From some children’s book The First Snow of Winter comes this song by Pat Tracy with Gaelic fiddle and range. It’s heroic and stuff.

And now for something completely old: William Huckaby has revived 19th C songs to sinister effect as with John B Tabb’s “The First Snowfall.” Lord help us.

Gotta feed the a cappella jones while we’re here too. Moodswing swings and sways with “First Snowfall” creating a roller coaster of thumpy jazz.

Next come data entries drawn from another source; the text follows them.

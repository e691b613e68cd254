-- ===== src/Registry/Defs.antt =====
-- internal/hub/hub.go: `register`, `unregister`, `SelectBackend` and `GetLocalRoutes` over the pools, the
-- idle timeouts and the bandwidth scheduler. The end of a backend's connection and the announcement to the
-- peers are not part of this state. A pool that is changed through its pointer is the changed entry of its
-- map. `to_ascii` is the parameter of the hostnames.
use nexus_proxy_server.Common.{
  ℕ, if◌then◌else◌, nat_eq, bytes_eq, Bytes, List, [], ◌∷◌, ◌++◌, map, Option, none, some, ◌>>=◌,
  Map, lookup, insert,
}
use nexus_proxy_server.Hostnames.{wildcard_suffix, first_dot_suffix}
use nexus_proxy_server.Balancer.{
  Backend, LoadBalancerPool, Selected, new_pool, add_backend, remove_backend, has_backends, select,
}
use nexus_proxy_server.Bandwidth.{Scheduler, register, unregister}
use nexus_proxy_server.Claims.Routes.{UdpRoutePolicy}
use nexus_proxy_server.Claims.Hosts.{route_key, tcp, udp}
use nexus_proxy_server.Idle.{IdleTimeouts, new_idle_timeouts, track, untrack}

-- The fields of a `Backend` that the hub reads.
pub record HubBackend : Type 0 where
  pub entry : Backend
  pub hostnames : List Bytes
  pub tcp_ports : List ℕ
  pub udp_routes : List UdpRoutePolicy

pub record Hub : Type 0 where
  pub pools : Map Bytes LoadBalancerPool
  pub wildcard_pools : Map Bytes LoadBalancerPool
  pub idle : IdleTimeouts
  pub scheduler : Option Scheduler

abbrev pub new_hub : Option Scheduler → Hub
new_hub scheduler = record {
  pools = [];
  wildcard_pools = [];
  idle = new_idle_timeouts;
  scheduler = scheduler;
}

-- A pool of the hub: one of `pools`, or one of `wildcardPools`.
pub data Slot : Type 0 where
  exact : Bytes → Slot
  wild : Bytes → Slot

unfoldable pub pool_or_new : Option LoadBalancerPool → LoadBalancerPool
pool_or_new none = new_pool
pool_or_new (some p) = p

-- `LoadOrStore` with `AddBackend`.
unfoldable pub add_to : Backend → Bytes → Map Bytes LoadBalancerPool → Map Bytes LoadBalancerPool
unfolding pool_or_new add_backend
add_to b key m = insert key (add_backend b (pool_or_new (lookup key m))) m

unfoldable pub removed_from :
    Backend
    → Bytes
    → Option LoadBalancerPool
    → Map Bytes LoadBalancerPool
    → Map Bytes LoadBalancerPool
unfolding remove_backend
removed_from b key none m = m
removed_from b key (some p) m = insert key (remove_backend b p) m

-- `Load` with `RemoveBackend`.
unfoldable pub remove_from :
    Backend → Bytes → Map Bytes LoadBalancerPool → Map Bytes LoadBalancerPool
unfolding removed_from
remove_from b key m = removed_from b key (lookup key m) m

unfoldable pub add_slot : Backend → Slot → Hub → Hub
unfolding add_to
add_slot b (exact key) h = record h { pools = add_to b key h.pools }
add_slot b (wild suffix) h = record h { wildcard_pools = add_to b suffix h.wildcard_pools }

unfoldable pub remove_slot : Backend → Slot → Hub → Hub
unfolding remove_from
remove_slot b (exact key) h = record h { pools = remove_from b key h.pools }
remove_slot b (wild suffix) h = record h { wildcard_pools = remove_from b suffix h.wildcard_pools }

-- The three loops of `register`, one after the other.
unfoldable pub add_slots : Backend → List Slot → Hub → Hub
unfolding add_slot
add_slots b [] h = h
add_slots b (s ∷ ss) h = add_slots b ss (add_slot b s h)

unfoldable pub remove_slots : Backend → List Slot → Hub → Hub
unfolding remove_slot
remove_slots b [] h = h
remove_slots b (s ∷ ss) h = remove_slots b ss (remove_slot b s h)

unfoldable pub name_slot : Bytes → Option Bytes → Slot
name_slot h none = exact h
name_slot h (some suffix) = wild suffix

unfoldable pub has_scheduler : (Scheduler → Scheduler) → Option Scheduler → Option Scheduler
has_scheduler change none = none
has_scheduler change (some s) = some (change s)

unfoldable pub put_pool : Slot → LoadBalancerPool → Hub → Hub
put_pool (exact key) p h = record h { pools = insert key p h.pools }
put_pool (wild suffix) p h = record h { wildcard_pools = insert suffix p h.wildcard_pools }

-- `Select` of the pool that was found; the first `none` is out of fuel, the second is no pool.
unfoldable pub select_in :
    ℕ → Hub → Option (Slot × LoadBalancerPool) → Option (Option Selected × Hub)
unfolding select put_pool
select_in fuel h none = some (none, h)
select_in fuel h (some (slot, p)) = do
  (result, q) ← select fuel p
  some (some result, put_pool slot q h)

unfoldable pub found_at : Slot → Option LoadBalancerPool → Option (Slot × LoadBalancerPool)
found_at slot none = none
found_at slot (some p) = some (slot, p)

unfoldable pub wildcard_pool : Option Bytes → Hub → Option (Slot × LoadBalancerPool)
unfolding found_at
wildcard_pool none h = none
wildcard_pool (some suffix) h = found_at (wild suffix) (lookup suffix h.wildcard_pools)

unfoldable pub held_names : (Bytes → Bytes) → Map Bytes LoadBalancerPool → List Bytes
unfolding has_backends
held_names name [] = []
held_names name ((key, p) ∷ rest) =
    if has_backends p then name key ∷ held_names name rest else held_names name rest

-- `GetLocalRoutes`.
unfoldable pub get_local_routes : Hub → List Bytes
unfolding held_names
get_local_routes h =
    held_names (λ key. key) h.pools ++ held_names (λ suffix. b'*' ∷ suffix) h.wildcard_pools

module _ (to_ascii : Bytes → Option Bytes) where
  -- `SelectBackend`.
  unfoldable pub select_backend : ℕ → Bytes → Hub → Option (Option Selected × Hub)
  unfolding select_in found_at wildcard_pool first_dot_suffix
  select_backend fuel hostname h =
      select_in fuel h (elim (found_at (exact hostname) (lookup hostname h.pools)) [
        | some found ↦ some found
        | none ↦ wildcard_pool (first_dot_suffix to_ascii hostname) h
      ])

  -- The pools of a backend's hostnames, TCP ports and UDP routes, in the order of the loops.
  unfoldable pub slots : HubBackend → List Slot
  unfolding name_slot wildcard_suffix route_key
  slots b =
      map (λ h. name_slot h (wildcard_suffix to_ascii h)) b.hostnames
      ++ (map (λ port. exact (route_key tcp port)) b.tcp_ports
          ++ map (λ r. exact (route_key udp r.port)) b.udp_routes)

  -- `register`, at a time.
  unfoldable pub register_backend : ℕ → HubBackend → Hub → Hub
  unfolding slots add_slots track register has_scheduler
  register_backend now b h =
      let g =
        add_slots b.entry (slots b)
          (record h { scheduler = has_scheduler (register b.entry.id now) h.scheduler }) in
      record g { idle = track b.entry.id b.udp_routes g.idle }

  -- `unregister`.
  unfoldable pub unregister_backend : HubBackend → Hub → Hub
  unfolding slots remove_slots untrack unregister has_scheduler
  unregister_backend b h =
      let g =
        remove_slots b.entry (slots b)
          (record h { scheduler = has_scheduler (unregister b.entry.id) h.scheduler }) in
      record g { idle = untrack b.entry.id b.udp_routes g.idle }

Parodies’ Paradise: 1964 “Hello Dolly”

Louis Armstrong’s massive number reached number one on the U.S. Billboard Hot 100, ending The Beatles’ streak of three number-one hits in a row over 14 consecutive weeks (in addition to holding the second and third chart positions)…the most successful single of Armstrong’s career… spent nine weeks atop the adult contemporary chart… made Armstrong the oldest artist ever to reach #1 on the Hot 100 since its introduction in 1958… the No. 3 song of 1964 as ranked by Billboard… won the Grammy Award for Song of the Year in 1965… and Armstrong received a Grammy for Best Vocal Performance, Male.

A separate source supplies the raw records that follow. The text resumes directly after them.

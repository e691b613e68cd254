-- ===== src/Registry.antt =====
-- internal/hub/hub.go: which backends the pools of the hub hold.
mod Defs
pub mod Slots
pub mod Selects
pub mod Registered
unfoldable pub use Defs.*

Just about my fave-o Bob Rivers novelty Christmas song is “He’s So Jolly.” After dozens of listens, it still gets a grin.

Tripping Bells: Skoofer

Attention must be paid to the big band novelty number “Santa’s Secret.” This jazz rambler from 1944 never saw light of day until Savoy published it with other holiday oddities in 1985 (Mr. Santa’s Boogie). Johnny Guarnieri was an Artie Shaw and Benny Goodman veteran and a teacher and mentor out of L.A. The song here is a thief in your mind, dazzling you with sleights of polyrhythms and improvisation, then leaving a dangerous idea in its wake: Santa + reefer. (Squirrel Nut Zippers try to copy this lightning in a bottle with mixed results.)

Hammered for the High Holidays

Most Christmas drinking goes right for the gusto, full mental jacked-up.

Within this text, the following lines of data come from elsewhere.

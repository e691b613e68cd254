-- ===== src/Registry/Slots.antt =====
-- internal/hub/hub.go: how often a pool holds a backend, when backends are added and removed.
use nexus_proxy_server.Common.{
  ℕ, ◌+◌, ◌≤◌, ◌≡◌, refl, ap, ◌∙◌, Bool, false, ◌&&◌, if◌then◌else◌, ltb, ◌==◌, nat_eq, bytes_eq,
  bytes_beq_iff, Bytes, List, [], ◌∷◌, Option, none, some, Map, lookup, lookup-insert, arith,
  Bool-cases, inl, inr,
}
use nexus_proxy_server.Common.SwapRemove.{
  count_key, count_key-swap_remove, has_key_count, count_key-append,
}
use nexus_proxy_server.Balancer.{
  Backend, id_of, LoadBalancerPool, new_pool, add_backend, remove_backend,
}
use nexus_proxy_server.Registry.Defs.{
  Hub, Slot, exact, wild, pool_or_new, add_to, removed_from, remove_from, add_slot, remove_slot,
  add_slots, remove_slots,
}

-- How often the pool of a key holds an identifier.
abbrev pub times : ℕ → Option LoadBalancerPool → ℕ
times a none = 0
times a (some p) = count_key id_of a p.backends

abbrev pub at : Slot → Hub → Option LoadBalancerPool
at (exact key) h = lookup key h.pools
at (wild suffix) h = lookup suffix h.wildcard_pools

abbrev pub same_slot : Slot → Slot → Bool
same_slot (exact a) (exact b) = a == b
same_slot (wild a) (wild b) = a == b
same_slot _ _ = false

abbrev pub occurs : Slot → List Slot → ℕ
occurs q [] = 0
occurs q (s ∷ ss) = (if same_slot s q then 1 else 0) + occurs q ss

add_backend-times :
    (b : Backend) (a : ℕ) (o : Option LoadBalancerPool)
    → times a (some (add_backend b (pool_or_new o))) ≡ times a o + (if b.id == a then 1 else 0)
unfolding add_backend pool_or_new new_pool count_key
add_backend-times b a none = ground arith
add_backend-times b a (some p) = ground (arith, count_key-append id_of a p.backends (b ∷ []))

remove_backend-times :
    (b : Backend) (a : ℕ) (p : LoadBalancerPool)
    → times a (some (remove_backend b p)) + (if b.id == a && ltb 0 (times a (some p)) then 1 else 0)
      ≡ times a (some p)
unfolding remove_backend
remove_backend-times b a p =
    ground
      (arith, has_key_count id_of b.id p.backends, count_key-swap_remove id_of b.id a p.backends)

add_to-times :
    (b : Backend) (key k : Bytes) (a : ℕ) (m : Map Bytes LoadBalancerPool)
    → times a (lookup k (add_to b key m))
      ≡ times a (lookup k m) + (if key == k && b.id == a then 1 else 0)
unfolding add_to
add_to-times b key k a m =
    ap (times a) (lookup-insert key k (add_backend b (pool_or_new (lookup key m))) m)
    ∙ elim (Bool-cases (key == k)) [
      | inr e ↦ ground (arith, e)
      | inl e ↦
          let there = ap (λ x. times a (lookup x m)) ((bytes_beq_iff key k).0 e) in
          ground (arith, e, there, add_backend-times b a (lookup key m))
    ]

removed_from-times :
    (b : Backend) (key k : Bytes) (a : ℕ) (o : Option LoadBalancerPool)
    (m : Map Bytes LoadBalancerPool)
    → lookup key m ≡ o
    → times a (lookup k (removed_from b key o m))
        + (if key == k && b.id == a && ltb 0 (times a (lookup k m)) then 1 else 0)
      ≡ times a (lookup k m)
unfolding removed_from
removed_from-times b key k a none m e = elim (Bool-cases (key == k)) [
  | inr e' ↦ ground (arith, e')
  | inl e' ↦
      let there = ap (λ x. times a (lookup x m)) ((bytes_beq_iff key k).0 e') in
      ground (arith, e', there, ap (times a) e)
]
removed_from-times b key k a (some p) m e =
    let now = ap (times a) (lookup-insert key k (remove_backend b p) m) in
    elim (Bool-cases (key == k)) [
      | inr e' ↦ ground (arith, e', now)
      | inl e' ↦
          let there = ap (λ x. times a (lookup x m)) ((bytes_beq_iff key k).0 e') in
          ground (arith, e', now, there, ap (times a) e, remove_backend-times b a p)
    ]

add_slot-times :
    (b : Backend) (s q : Slot) (a : ℕ) (h : Hub)
    → times a (at q (add_slot b s h))
      ≡ times a (at q h) + (if same_slot s q && b.id == a then 1 else 0)
unfolding add_slot
add_slot-times b (exact key) (exact k) a h = add_to-times b key k a h.pools
add_slot-times b (exact key) (wild k) a h = omega arith
add_slot-times b (wild key) (exact k) a h = omega arith
add_slot-times b (wild key) (wild k) a h = add_to-times b key k a h.wildcard_pools

remove_slot-times :
    (b : Backend) (s q : Slot) (a : ℕ) (h : Hub)
    → times a (at q (remove_slot b s h))
        + (if same_slot s q && b.id == a && ltb 0 (times a (at q h)) then 1 else 0)
      ≡ times a (at q h)
unfolding remove_slot remove_from
remove_slot-times b (exact key) (exact k) a h =
    removed_from-times b key k a (lookup key h.pools) h.pools refl
remove_slot-times b (exact key) (wild k) a h = omega arith
remove_slot-times b (wild key) (exact k) a h = omega arith
remove_slot-times b (wild key) (wild k) a h =
    removed_from-times b key k a (lookup key h.wildcard_pools) h.wildcard_pools refl

-- What a backend puts into a pool, all loops together.
pub add_slots-times :
    (b : Backend) (ss : List Slot) (q : Slot) (a : ℕ) (h : Hub)
    → times a (at q (add_slots b ss h)) ≡ times a (at q h) + (if b.id == a then occurs q ss else 0)
unfolding add_slots
add_slots-times b [] q a h = ground arith
add_slots-times b (s ∷ ss) q a h =
    ground (arith, add_slots-times b ss q a (add_slot b s h), add_slot-times b s q a h)

-- What it takes out, if it is there as often as it is to be taken out.
pub remove_slots-times :
    (b : Backend) (ss : List Slot) (q : Slot) (a : ℕ) (h : Hub)
    → occurs q ss ≤ times b.id (at q h)
    → times a (at q (remove_slots b ss h)) + (if b.id == a then occurs q ss else 0)
      ≡ times a (at q h)
unfolding remove_slots
remove_slots-times b [] q a h l = ground arith
remove_slots-times b (s ∷ ss) q a h l =
    let own = remove_slot-times b s q b.id h in
    let left : occurs q ss ≤ times b.id (at q (remove_slot b s h)) = ground (arith, own, l) in
    let rest = remove_slots-times b ss q a (remove_slot b s h) left in
    let step = remove_slot-times b s q a h in
    elim (Bool-cases (b.id == a)) [
      | inr other ↦ ground (arith, other, rest, step)
      | inl same ↦
          let is : b.id ≡ a = ground (arith, same) in
          let there = ap (λ i. times i (at q h)) is in ground (arith, same, rest, step, there, l)
    ]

But at least one little ditty or two can remember what it’s like to be just a little lit.

Lt. Col. Mike Dickinson stairways us to heaven with his “Holiday Song.” It’s for the boys, so be cool. Five minutes in he’s doing stand up. (You might skip the next song about a flashing sgt.)

Honey Honey uses jazz and a long list of cocktails to slur verisimilitude into “Christmas Tipsy.” Could you hand me that again? Whoops. Gettin’ sexy now.

Drink N.B. Merry: wine, just

Toast Noel! But with what beverage? I’ve been fermenting over this a while, and let’s whine about the adult grape drink not address’d ’til now.

Ziggy Rankin may be metaphorical here, singing about a girl, but riddim is riddim. In “Caroline (Sweetest Wine)” the music moves the way winos believe they do when fortified with sippage.

Promising title–“The Ultimate Last Wine Song 2016,” but it turns out the Norwich tavern The Last Wine Bar is merely musically Xmas card-ing their patrons online. Damn skippy talented song, though.

Canada’s own The Yule Be Sorrys contextualize the consumption with their own update on ‘Holly and Ivy’ with “The Sherry and the Claret” about holiday hollering. Medieval frivolousness.

Let’s mellow way on down the eve with Jason Gleason mush-mouthing “Sleigh Bells and Wine,” where the sleigh awaits, the fire amasses, and the word snow has five syllables. Daddy, oh.

Drink N.B. Merry: cider

Not much lyricism over pressed old apples, hardly fermented by late December. We’ll settle over up with a bouncy, jazzy gospel piece from Carmela Estella Ross. Her “Apple Cider and Fruit Cake” is one of those token spreads to entice you to her hard driving sermon about Our Lord. You know like stale cookies and burnt coffee at AA meetings.

Drink N.B. Merry: tea

Turnabout is fair trade. Across the pond, some enjoy a cuppa with something more translucent brewing inside.

Joey Knock has a nasally epic “Christmas Cup of Tea.” He doesn’t know many chords, nor when to stop, but he is on about a good cause, innit? (When he’s not inventorying.)

Channeling an inner Alice, Dimie Cat plays antique nostalgic player piano with their distressed “Christmas Tea.” Put another nickel in!